Definately listen to what this guy said ^^^

It's a very expensive hobby. Unless you can mold your own c/f parts and fabricate stuff yourself (which is also pretty expensive for all the equipment) it's gonna look very DIY and that doesn't get much quality points b/c it will usually turn out looking like a 6 year old did it.


----------



## dry (Oct 21, 2002)

I will say the best looking cars are custom ones tho.... but unless you know your shit and have been doing this for years (like all the show leaders have) you won't really make anything good.


----------



## Harris (Nov 11, 2002)

Sean, you don't mind if I speak against cosmetically modifying an SE-R, do you?


----------



## Ninety-Nine SE-L (May 5, 2002)

there's a difference between DIY and custom. DIY is more like gluing on a GT-R emblem, installing fog lights, and using spray paint to remove the chrome look around the windows.
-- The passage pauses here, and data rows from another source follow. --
-- ===== src/Jobs/Names.antt =====
-- src/jobs.c: getjob, the names of jobs.
use gwsh.Base.{
  ℕ, ◌+◌, ◌-◌, ◌≤◌, ◌≡◌, refl, sym, subst, Bool, true, false, not, ◌&&◌, ◌||◌, Option, none, some,
  List, [], ◌∷◌, Bytes, ◌==◌, leb, if◌then◌else◌, if_cases, if_split, arith, length, ==_iff,
}
use gwsh.MyString.{is_number, prefix}
use gwsh.Jobs.{Procstat, Job, Jobs, job_at}
use gwsh.Jobs.Order.{one_if, count, is_used}
use gwsh.Jobs.Table.{used_at, IsOrdered, used_counted}

-- strstr and atoi of the C library: whether a string is in the other, and the number as an unsigned one.
pub record Strings : Type 0 where
  pub strstr : Bytes → Bytes → Bool
  pub atoi : Bytes → ℕ

-- The job, or what sh_error says. A job without a process has no text of its command.
pub data Found : Type 0 where
  job_is : ℕ → Found
  no_such_job no_current_job no_previous_job is_ambiguous null_cmd : Found

abbrev pub first_cmd : List Procstat → Option Bytes
first_cmd [] = none
first_cmd (ps ∷ rest) = some ps.cmd

-- jp->ps[0].cmd
abbrev pub cmd_at : Option Job → Option Bytes
cmd_at none = none
cmd_at (some jp) = first_cmd jp.ps

abbrev pub result_of : Option ℕ → Found
result_of none = no_such_job
result_of (some jp) = job_is jp

-- The loop over the jobs; `hit` is the one that is found.
unfoldable pub match_each : (Bytes → Bool) → List Job → List ℕ → Option ℕ → Found
unfolding job_at
match_each matches jobs [] hit = result_of hit
match_each matches jobs (jp ∷ order) hit =
    let next : Option ℕ → Found = λ hit'. match_each matches jobs order hit' in
    elim (cmd_at (job_at jp jobs)) as (λ _. Found) [
      | none ↦ null_cmd
      | some cmd ↦
          if not (matches cmd)
          then next hit
          else (elim hit as (λ _. Found) [ none ↦ next (some jp) | some other ↦ is_ambiguous ])
    ]

abbrev pub is_prefix : Bytes → Bytes → Bool
is_prefix p cmd = elim (prefix cmd p) as (λ _. Bool) [ none ↦ false | some rest ↦ true ]

abbrev pub by_text : Strings → Jobs → Bytes → Found
by_text strings st [] = match_each (is_prefix []) st.jobtab st.order none
by_text strings st (c ∷ p) =
    if c == b'?'
    then match_each (λ cmd. strings.strstr cmd p) st.jobtab st.order none
    else match_each (is_prefix (c ∷ p)) st.jobtab st.order none

abbrev pub by_number : Strings → Jobs → Bytes → Found
by_number strings st p =
    if is_number p && (leb 1 (strings.atoi p) && leb (strings.atoi p) (length st.jobtab))
    then (if is_used (job_at (strings.atoi p - 1) st.jobtab)
        then job_is (strings.atoi p - 1)
        else no_such_job)
    else by_text strings st p

abbrev pub current_job : List ℕ → Found
current_job [] = no_current_job
current_job (jp ∷ order) = job_is jp

abbrev pub previous_job : List ℕ → Found
previous_job (jp ∷ prev ∷ order) = job_is prev
previous_job _ = no_previous_job

-- Behind the `%`.
abbrev pub by_name : Strings → Jobs → Bytes → Found
by_name strings st [] = current_job st.order
by_name strings st (c ∷ []) =
    if c == b'+' || c == b'%'
    then current_job st.order
    else if c == b'-'
    then previous_job st.order
    else by_number strings st (c ∷ [])
by_name strings st (c ∷ d ∷ p) = by_number strings st (c ∷ d ∷ p)

unfoldable pub getjob : Strings → Jobs → Option Bytes → Found
unfolding match_each is_number prefix
getjob strings st none = current_job st.order
getjob strings st (some []) = no_such_job
getjob strings st (some (c ∷ p)) = if c == b'%' then by_name strings st p else no_such_job

abbrev pub IsJob : Jobs → Found → Type 0
IsJob st (job_is jp) = used_at jp st ≡ true
IsJob st _ = Unit

module _ (st : Jobs) where
  abbrev AllUsed : List ℕ → Type 0
  AllUsed order = (k : ℕ) → 1 ≤ count k order → used_at k st ≡ true

  AllUsed-tail : (jp : ℕ) (order : List ℕ) → AllUsed (jp ∷ order) → AllUsed order
  AllUsed-tail jp order all k h = all k (omega (arith, h))

  AllUsed-head : (jp : ℕ) (order : List ℕ) → AllUsed (jp ∷ order) → used_at jp st ≡ true
  AllUsed-head jp order all =
      all jp
        (subst (λ b. 1 ≤ one_if b + count jp order) (sym ((==_iff jp jp).1 refl)) (omega arith))

  match_each-IsJob :
      (matches : Bytes → Bool) (order : List ℕ) (hit : Option ℕ)
      → AllUsed order
      → IsJob st (result_of hit)
      → IsJob st (match_each matches st.jobtab order hit)
  unfolding match_each
  match_each-IsJob matches [] hit all h = h
  match_each-IsJob matches (jp ∷ order) hit all h =
      elim (cmd_at (job_at jp st.jobtab))
        as (λ o. IsJob st (elim o as (λ _. Found) [
          | none ↦ null_cmd
          | some cmd ↦
              if not (matches cmd)
              then match_each matches st.jobtab order hit
              else (elim hit as (λ _. Found) [
                | none ↦ match_each matches st.jobtab order (some jp)
                | some other ↦ is_ambiguous
              ])
        ])) [
          | none ↦ tt
          | some cmd ↦
              if_split (IsJob st) (not (matches cmd))
                (match_each-IsJob matches order hit (AllUsed-tail jp order all) h)
                (elim hit
                  as (λ o. IsJob st (elim o as (λ _. Found) [
                    | none ↦ match_each matches st.jobtab order (some jp)
                    | some other ↦ is_ambiguous
                  ])) [
                    | none ↦
                        match_each-IsJob matches order (some jp) (AllUsed-tail jp order all)
                          (AllUsed-head jp order all)
                    | some other ↦ tt
                  ])
        ]

  current_job-IsJob : (order : List ℕ) → AllUsed order → IsJob st (current_job order)
  current_job-IsJob [] all = tt
  current_job-IsJob (jp ∷ order) all = AllUsed-head jp order all

  previous_job-IsJob : (order : List ℕ) → AllUsed order → IsJob st (previous_job order)
  previous_job-IsJob [] all = tt
  previous_job-IsJob (jp ∷ []) all = tt
  previous_job-IsJob (jp ∷ prev ∷ order) all =
      AllUsed-head prev order (AllUsed-tail jp (prev ∷ order) all)

  by_text-IsJob :
      (strings : Strings) (p : Bytes) → AllUsed st.order → IsJob st (by_text strings st p)
  by_text-IsJob strings [] all = match_each-IsJob (is_prefix []) st.order none all tt
  by_text-IsJob strings (c ∷ p) all =
      if_split (IsJob st) (c == b'?')
        (match_each-IsJob (λ cmd. strings.strstr cmd p) st.order none all tt)
        (match_each-IsJob (is_prefix (c ∷ p)) st.order none all tt)

  by_number-IsJob :
      (strings : Strings) (p : Bytes) → AllUsed st.order → IsJob st (by_number strings st p)
  by_number-IsJob strings p all =
      if_split (IsJob st)
        (is_number p && (leb 1 (strings.atoi p) && leb (strings.atoi p) (length st.jobtab)))
        (if_cases (IsJob st) (is_used (job_at (strings.atoi p - 1) st.jobtab)) (λ used. used)
          (λ _. tt))
        (by_text-IsJob strings p all)

  by_name-IsJob :
      (strings : Strings) (p : Bytes) → AllUsed st.order → IsJob st (by_name strings st p)
  by_name-IsJob strings [] all = current_job-IsJob st.order all
  by_name-IsJob strings (c ∷ []) all =
      if_split (IsJob st) (c == b'+' || c == b'%') (current_job-IsJob st.order all) (
        if_split (IsJob st) (c == b'-') (previous_job-IsJob st.order all)
          (by_number-IsJob strings (c ∷ []) all))
  by_name-IsJob strings (c ∷ d ∷ p) all = by_number-IsJob strings (c ∷ d ∷ p) all

-- Where the list of the jobs has each job that is used and no other, a name of a job gives a job that is
-- used, or an error.
pub getjob-IsJob :
    (strings : Strings) (st : Jobs)
    → IsOrdered st
    → (name : Option Bytes) → IsJob st (getjob strings st name)
unfolding getjob
getjob-IsJob strings st is none = current_job-IsJob st st.order (λ k h. used_counted k st is h)
getjob-IsJob strings st is (some []) = tt
getjob-IsJob strings st is (some (c ∷ p)) =
    if_split (IsJob st) (c == b'%') (by_name-IsJob st strings p (λ k h. used_counted k st is h)) tt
Custom = having your own shop, material, equipment, and years of skill to make your own custom parts OR Paying a shop a few Gs to "customize" your car.

Mike R. (ScorchN) can make his own c/f and fibergass parts. He has a customized car (coming along) b/c he does his own work, he has the facility, money, and skill.
Sean (1CLN) had a customized car b/c he has very unique parts made for him, a VERY pricy paint job, and lots of money.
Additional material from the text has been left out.